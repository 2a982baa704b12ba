-- ===== src/Scheduler/Transition.antt =====
-- Scheduler.transition of harness/scheduler/service.py: the table of allowed status changes, and
-- what a run leaves behind when it ends.
use Prim.Native.String.{◌++◌ as text_append}
use mi_harness.Prelude.{
  ℕ, String, Bool, false, Option, none, some, List, [], ◌∷◌, if◌then◌else◌, same?, contains,
}
use mi_harness.Prelude.Int.{pos}
use mi_harness.Exec.{
  pure, transaction, utc_now, ◌>>=◌, ◌>>◌, require, when, for_each, invalid_transition,
}
use mi_harness.Core.{
  RunStatus, is_terminal, status_in, ExecutionContext, ArtifactRef, ErrorEnvelope,
}
use mi_harness.Host.{Host}
use mi_harness.Store.Schema.{
  Value, Document, RunRow, OperationState, ToolResult, OperationRow, InteractionStatus,
  ResolutionOutcome, Resolution, InteractionRow, ReservationRow, Db, num, text, null, status,
  artifact, failure,
}
use mi_harness.Store.Branches.{branch, set_branch_owner}
use mi_harness.Store.Runs.{RunField, update_run}
use mi_harness.Store.Events.{outbox, event}
use mi_harness.Store.Operations.{operations, OperationField, update_operation}
use mi_harness.Store.Grants.{may_start, revoke_grants}
use mi_harness.Store.Interactions.{is_pending, interactions, InteractionField, update_interaction}
use mi_harness.Store.Budget.{reservation, settle}

-- ALLOWED
unfoldable pub allowed_next : RunStatus → RunStatus → Bool
allowed_next RunStatus.queued s = status_in s (RunStatus.running ∷ RunStatus.cancelled ∷ [])
allowed_next RunStatus.running s = status_in s (
    RunStatus.waiting_user ∷ RunStatus.waiting_children ∷ RunStatus.recovering
    ∷ RunStatus.needs_review ∷ RunStatus.completed ∷ RunStatus.failed ∷ RunStatus.cancelling ∷ [])
allowed_next RunStatus.waiting_user s =
    status_in s (RunStatus.queued ∷ RunStatus.cancelled ∷ RunStatus.cancelling ∷ [])
allowed_next RunStatus.waiting_children s =
    status_in s (RunStatus.queued ∷ RunStatus.cancelling ∷ [])
allowed_next RunStatus.recovering s =
    status_in s (RunStatus.queued ∷ RunStatus.needs_review ∷ RunStatus.cancelling ∷ [])
allowed_next RunStatus.needs_review s = status_in s (RunStatus.queued ∷ RunStatus.cancelling ∷ [])
allowed_next RunStatus.cancelling s = status_in s (RunStatus.cancelled ∷ [])
allowed_next _ s = false

abbrev text_or_null : Option String → Value
text_or_null none = null
text_or_null (some t) = text t

abbrev pub artifact_or_null : Option ArtifactRef → Value
artifact_or_null none = null
artifact_or_null (some a) = artifact a

abbrev failure_or_null : Option ErrorEnvelope → Value
failure_or_null none = null
failure_or_null (some e) = failure e

-- Scheduler._event_state
unfoldable pub event_state : RunRow → String → Option String → Db Unit
event_state r kind reason = do
  event r.id kind (
      ("revision", num r.revision)
      ∷ ("status", status r.status)
      ∷ ("reason", text_or_null reason)
      ∷ ("result_ref", artifact_or_null r.result_ref)
      ∷ ("error", failure_or_null r.error)
      ∷ [])
  pure tt

abbrev pub event_name : RunStatus → String
event_name RunStatus.completed = "run.completed"
event_name RunStatus.failed = "run.failed"
event_name RunStatus.cancelled = "run.cancelled"
event_name RunStatus.running = "run.started"
event_name RunStatus.queued = "run.queued"
event_name _ = "run.state_changed"

abbrev cancelled_resolution : InteractionRow → String → Resolution
cancelled_resolution i reason = record {
  interrupt_id = i.interrupt_id;
  outcome = ResolutionOutcome.cancelled;
  response = none;
  reason = reason;
  children = [];
}

abbrev pub resolved_data : InteractionRow → String → Document
resolved_data i how =
    ("interaction_id", text i.id) ∷ ("revision", num i.revision) ∷ ("resolution", text how) ∷ []

-- An open or unbound interaction is closed without an answer.
unfoldable pub close_interaction : String → String → InteractionRow → Db Unit
close_interaction run_id reason i = when (is_pending i.status) (do
  closed ← update_interaction i.id i.revision (
      InteractionField.status InteractionStatus.cancelled
      ∷ InteractionField.resolution (cancelled_resolution i reason)
      ∷ [])
  event run_id "interaction.resolved" (resolved_data closed "cancelled")
  pure tt)

abbrev pub result_of :
    String → OperationState → String → String → Option String → Option ℕ → ToolResult
result_of operation_id state summary data' error_code completed_at = record {
  operation_id = operation_id;
  status = state;
  summary = summary;
  structured_data = data';
  artifact_refs = [];
  error_code = error_code;
  started_at = none;
  completed_at = completed_at;
}

-- A tool call that waits counts as used.
abbrev used_call : String → ℕ
used_call tool_id = if contains tool_id ("request_input" ∷ "wait_children" ∷ []) then 1 else 0

unfoldable pub release_call : Option ReservationRow → OperationRow → Db Unit
release_call none o = pure tt
release_call (some r) o = do
  settle (text_append "tool:" o.id) (some (("tool_calls", pos (used_call o.tool_id)) ∷ []))
  pure tt

abbrev ended_summary : String
ended_summary = "任务已结束，操作不再继续"

-- An operation that has not started is cancelled, and its reserved call is released. The empty
-- list of artifacts in the event is left out.
unfoldable pub close_operation : String → OperationRow → Db Unit
close_operation run_id o = when (may_start o.state) (do
  now ← utc_now
  update_operation o.id o.revision
      (OperationField.state OperationState.cancelled
        ∷ OperationField.result (
            some (
              result_of o.id OperationState.cancelled ended_summary "" (some "RUN_TERMINAL")
                (some now)))
        ∷ [])
      none
  held ← reservation (text_append "tool:" o.id)
  release_call held o
  event run_id "tool.completed" (
      ("operation_id", text o.id)
      ∷ ("tool_id", text o.tool_id)
      ∷ ("tool_revision", text o.tool_revision)
      ∷ ("result_status", text "cancelled")
      ∷ ("result_summary", text ended_summary)
      ∷ [])
  pure tt)

abbrev completed_data : RunRow → RunRow → Document
completed_data r updated =
    ("child_run_id", text r.id)
    ∷ ("goal_summary", text r.input.text)
    ∷ ("status", status updated.status)
    ∷ ("result_ref", artifact_or_null updated.result_ref)
    ∷ []

unfoldable pub tell_parent : Option String → RunRow → RunRow → Db Unit
tell_parent none r updated = pure tt
tell_parent (some parent) r updated = do
  outbox "children" r.id (("child_run_id", text r.id) ∷ ("parent_run_id", text parent) ∷ [])
  event parent "child.completed" (completed_data r updated)
  pure tt

-- Only the run that owns the branch gives it up.
unfoldable pub release_branch : RunRow → Db Unit
release_branch r = do
  b ← branch r.branch_id
  when (same? b.active_run_id (some r.id)) (set_branch_owner b.id (some r.id) none)

module _ (host : Host) where
  -- The block `if status in TERMINAL` of Scheduler.transition.
  unfoldable pub finish : RunRow → RunRow → Db Unit
  finish r updated = do
    release_branch r
    revoke_grants r.id []
    open_interactions ← interactions r.id
    for_each open_interactions (close_interaction r.id "run_terminal")
    unfinished ← operations r.id
    for_each unfinished (close_operation r.id)
    host.terminal_hook updated
    tell_parent r.parent_run_id r updated

  -- Scheduler.transition
  unfoldable pub transition :
      RunRow → RunStatus → Option ExecutionContext → Option String → List RunField → Db RunRow
  transition r next ctx reason extra = do
    require (allowed_next r.status next) invalid_transition
    transaction (do
      updated ← update_run r.id r.revision (RunField.status next ∷ extra) ctx
      when (is_terminal next) (finish r updated)
      event_state updated (event_name next) reason
      pure updated)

What is expected — Provide only the count of lines in the data above that include the string "recovering".

Problem solution — 2